> **What this task involves**: How many lines in the records below contain "repository"? Reply with the number alone.
═══ Extracted entries
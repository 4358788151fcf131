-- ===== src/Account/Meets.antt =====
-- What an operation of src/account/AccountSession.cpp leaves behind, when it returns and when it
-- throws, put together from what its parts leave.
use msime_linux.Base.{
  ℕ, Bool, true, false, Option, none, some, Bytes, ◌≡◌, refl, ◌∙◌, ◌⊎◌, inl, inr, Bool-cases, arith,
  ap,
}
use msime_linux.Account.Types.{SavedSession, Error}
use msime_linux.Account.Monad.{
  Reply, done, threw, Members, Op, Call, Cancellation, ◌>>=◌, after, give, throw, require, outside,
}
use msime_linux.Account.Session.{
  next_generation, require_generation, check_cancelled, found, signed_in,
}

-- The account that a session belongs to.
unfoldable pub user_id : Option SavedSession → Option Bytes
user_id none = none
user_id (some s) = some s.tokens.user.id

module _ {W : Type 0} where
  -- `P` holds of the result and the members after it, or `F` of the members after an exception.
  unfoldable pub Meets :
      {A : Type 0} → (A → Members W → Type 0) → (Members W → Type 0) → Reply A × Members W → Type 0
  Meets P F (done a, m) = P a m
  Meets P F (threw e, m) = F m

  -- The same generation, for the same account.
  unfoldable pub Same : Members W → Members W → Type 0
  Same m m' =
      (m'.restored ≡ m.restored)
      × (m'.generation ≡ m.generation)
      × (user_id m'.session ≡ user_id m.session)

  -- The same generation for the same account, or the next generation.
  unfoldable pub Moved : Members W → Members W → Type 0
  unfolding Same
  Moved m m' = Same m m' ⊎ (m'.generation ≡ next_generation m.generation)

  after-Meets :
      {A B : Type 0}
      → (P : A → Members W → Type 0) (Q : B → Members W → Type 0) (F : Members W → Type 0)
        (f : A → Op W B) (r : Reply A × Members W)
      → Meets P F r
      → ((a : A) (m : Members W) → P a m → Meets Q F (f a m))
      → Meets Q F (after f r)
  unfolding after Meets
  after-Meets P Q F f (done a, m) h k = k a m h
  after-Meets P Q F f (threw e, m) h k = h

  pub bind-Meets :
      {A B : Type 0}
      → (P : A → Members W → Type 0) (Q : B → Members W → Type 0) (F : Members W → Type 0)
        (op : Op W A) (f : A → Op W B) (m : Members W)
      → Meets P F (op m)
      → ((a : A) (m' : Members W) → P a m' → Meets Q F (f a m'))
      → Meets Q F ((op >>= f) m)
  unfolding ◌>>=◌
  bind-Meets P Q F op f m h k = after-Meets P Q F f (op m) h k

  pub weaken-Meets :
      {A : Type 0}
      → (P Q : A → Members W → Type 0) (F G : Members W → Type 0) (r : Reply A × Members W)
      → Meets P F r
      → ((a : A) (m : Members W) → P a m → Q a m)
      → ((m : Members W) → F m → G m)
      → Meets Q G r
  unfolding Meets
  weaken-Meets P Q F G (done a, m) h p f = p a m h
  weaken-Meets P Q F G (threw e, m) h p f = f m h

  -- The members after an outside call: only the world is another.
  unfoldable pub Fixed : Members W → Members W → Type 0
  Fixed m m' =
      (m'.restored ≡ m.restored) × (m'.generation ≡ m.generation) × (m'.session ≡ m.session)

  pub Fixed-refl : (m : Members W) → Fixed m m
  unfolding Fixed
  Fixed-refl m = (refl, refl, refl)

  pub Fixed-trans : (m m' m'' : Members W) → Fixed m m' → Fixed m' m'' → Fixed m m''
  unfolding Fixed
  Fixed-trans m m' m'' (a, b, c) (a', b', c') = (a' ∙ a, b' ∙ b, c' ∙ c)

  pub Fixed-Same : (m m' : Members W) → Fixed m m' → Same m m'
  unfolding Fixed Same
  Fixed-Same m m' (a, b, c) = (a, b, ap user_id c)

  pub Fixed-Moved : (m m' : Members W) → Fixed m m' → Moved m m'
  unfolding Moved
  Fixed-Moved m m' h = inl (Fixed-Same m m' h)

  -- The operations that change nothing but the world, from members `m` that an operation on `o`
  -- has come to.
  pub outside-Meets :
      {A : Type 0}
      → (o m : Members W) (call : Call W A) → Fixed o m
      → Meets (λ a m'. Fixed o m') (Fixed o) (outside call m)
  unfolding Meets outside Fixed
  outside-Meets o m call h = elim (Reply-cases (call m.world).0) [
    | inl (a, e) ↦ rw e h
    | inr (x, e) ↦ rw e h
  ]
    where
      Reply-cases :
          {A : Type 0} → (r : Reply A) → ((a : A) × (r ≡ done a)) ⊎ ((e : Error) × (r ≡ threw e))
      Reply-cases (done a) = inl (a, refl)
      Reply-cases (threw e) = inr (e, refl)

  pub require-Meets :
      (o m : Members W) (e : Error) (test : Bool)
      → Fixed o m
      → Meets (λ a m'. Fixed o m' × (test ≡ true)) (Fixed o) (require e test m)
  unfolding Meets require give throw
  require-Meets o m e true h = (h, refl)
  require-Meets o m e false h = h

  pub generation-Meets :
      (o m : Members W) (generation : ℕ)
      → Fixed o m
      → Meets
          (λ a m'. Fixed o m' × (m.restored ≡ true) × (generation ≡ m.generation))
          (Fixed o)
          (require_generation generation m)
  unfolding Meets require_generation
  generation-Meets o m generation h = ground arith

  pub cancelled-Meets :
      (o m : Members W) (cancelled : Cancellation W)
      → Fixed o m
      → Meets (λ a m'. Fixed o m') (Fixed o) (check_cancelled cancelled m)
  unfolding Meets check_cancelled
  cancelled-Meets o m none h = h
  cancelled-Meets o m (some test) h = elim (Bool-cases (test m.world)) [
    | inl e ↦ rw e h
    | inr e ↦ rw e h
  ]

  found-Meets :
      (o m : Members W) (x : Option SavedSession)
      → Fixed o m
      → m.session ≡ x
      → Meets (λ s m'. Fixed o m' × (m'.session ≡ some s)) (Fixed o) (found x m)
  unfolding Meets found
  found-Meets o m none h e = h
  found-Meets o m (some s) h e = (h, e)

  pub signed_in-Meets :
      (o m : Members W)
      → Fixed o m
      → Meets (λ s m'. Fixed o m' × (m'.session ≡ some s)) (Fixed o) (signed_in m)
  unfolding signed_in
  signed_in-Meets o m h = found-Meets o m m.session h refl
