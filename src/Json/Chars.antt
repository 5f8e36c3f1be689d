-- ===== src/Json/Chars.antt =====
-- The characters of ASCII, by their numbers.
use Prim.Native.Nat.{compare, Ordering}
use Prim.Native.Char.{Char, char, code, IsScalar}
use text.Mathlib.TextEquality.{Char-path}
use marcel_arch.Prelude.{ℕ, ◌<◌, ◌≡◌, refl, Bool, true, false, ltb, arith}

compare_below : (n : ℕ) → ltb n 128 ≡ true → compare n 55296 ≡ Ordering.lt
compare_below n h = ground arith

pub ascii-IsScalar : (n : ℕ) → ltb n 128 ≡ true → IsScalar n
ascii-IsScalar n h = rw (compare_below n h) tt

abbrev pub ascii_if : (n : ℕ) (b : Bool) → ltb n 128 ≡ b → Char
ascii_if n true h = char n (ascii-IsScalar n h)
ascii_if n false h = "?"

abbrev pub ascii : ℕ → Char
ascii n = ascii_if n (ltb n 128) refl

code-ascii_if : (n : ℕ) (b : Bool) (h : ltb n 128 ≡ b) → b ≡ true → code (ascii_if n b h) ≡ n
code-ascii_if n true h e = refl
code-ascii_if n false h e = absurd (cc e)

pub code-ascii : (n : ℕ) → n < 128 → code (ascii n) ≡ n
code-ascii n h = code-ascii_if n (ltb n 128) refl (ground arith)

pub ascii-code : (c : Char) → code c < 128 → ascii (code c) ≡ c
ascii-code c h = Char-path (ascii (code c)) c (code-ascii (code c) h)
══════
> **Answer section**: 2